A pair of studies published in the latest edition of the Journal of the American Medical Association shows you don't have to sweat it out in the health club to get the benefits of exercise.

Dallas school principal Bruce McDonald is a prime example, "Exercise wasn't a real part of my life, I was just too busy," he says. That is until, as CBS News Correspondent John Roberts reports, he took part in a revolutionary fitness study.

The studies looked at two groups of sedentary people. One was put on a vigorous exercise program like you'd find at a gym. The other was taught to make simple lifestyle changes like taking the stairs more often or parking the car a little further from the shopping mall door.

The results were surprising.
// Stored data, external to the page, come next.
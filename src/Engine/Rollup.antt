-- ===== src/Engine/Rollup.antt =====
-- The end of a run (`finalizeExecution`, source/services/Ultravisor-ExecutionManifest.cjs). Times, the
-- summary of the times and the files that it writes are left out.
use ultravisor.Base.{◌==◌, Bool, true, false, not, ◌||◌, none, some, [], ◌∷◌, if◌then◌else◌}
use ultravisor.Base.Dict.{Dict, lookup}
use ultravisor.Work.{Text}
use ultravisor.Status.{RunStatus, stalled, failed, complete, is_waiting}
use ultravisor.Engine.Context.{Output, Context, stalled_key, beacon_error_key}

-- A field with a value that counts as true.
unfoldable pub is_set : Text → Output → Bool
is_set k o = elim (lookup k o) [ none ↦ false | some v ↦ not (v == 0) ]

unfoldable pub any_set : Text → Dict Output → Bool
unfolding is_set
any_set k [] = false
any_set k ((h, o) ∷ os) = is_set k o || any_set k os

unfoldable pub has_error : Context → Bool
unfolding any_set
has_error c = elim c.errors [ [] ↦ any_set beacon_error_key c.outputs | e ∷ es ↦ true ]

unfoldable pub rolled_status : Context → RunStatus
unfolding any_set has_error is_waiting
rolled_status c =
    if any_set stalled_key c.outputs
    then stalled
    else (if has_error c then failed else (if is_waiting c.status then c.status else complete))

unfoldable pub finalize : Context → Context
unfolding rolled_status is_waiting
finalize c =
    let s = rolled_status c in
    record c { status = s; live = if is_waiting s then c.live else false }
In the first 6 months under supervision, the exercise group was leading in overall fitness. But 18 months after supervision stopped, the lifestyle group had caught up, in part because more people were able to stay with the program.

Dr. Michael Pratt of the Centers for Disease Control says the research sends a positive message to people who don't have the time or inclination to start an exercise program, "You don't have to be a marathoner. You don't have to be a heavy-duty weightlifter. You can walk in your neighborhood, you can play with your kids or grandkids and you can do some gardening."

Andrea Dunn of The Cooper Institute for Aerobics Research agrees, "Doing lifestyle physical activity is a great way for people to improve their health and well being and gain significant health benefits."

Bruce McDonald is proof it works. He dropped 25 pounds during the study and was motivated enough to now add a regular workout to his routine. A bit of inspiration for the 60 percent of Americans who don't get enough exercise -- a little can go a long way.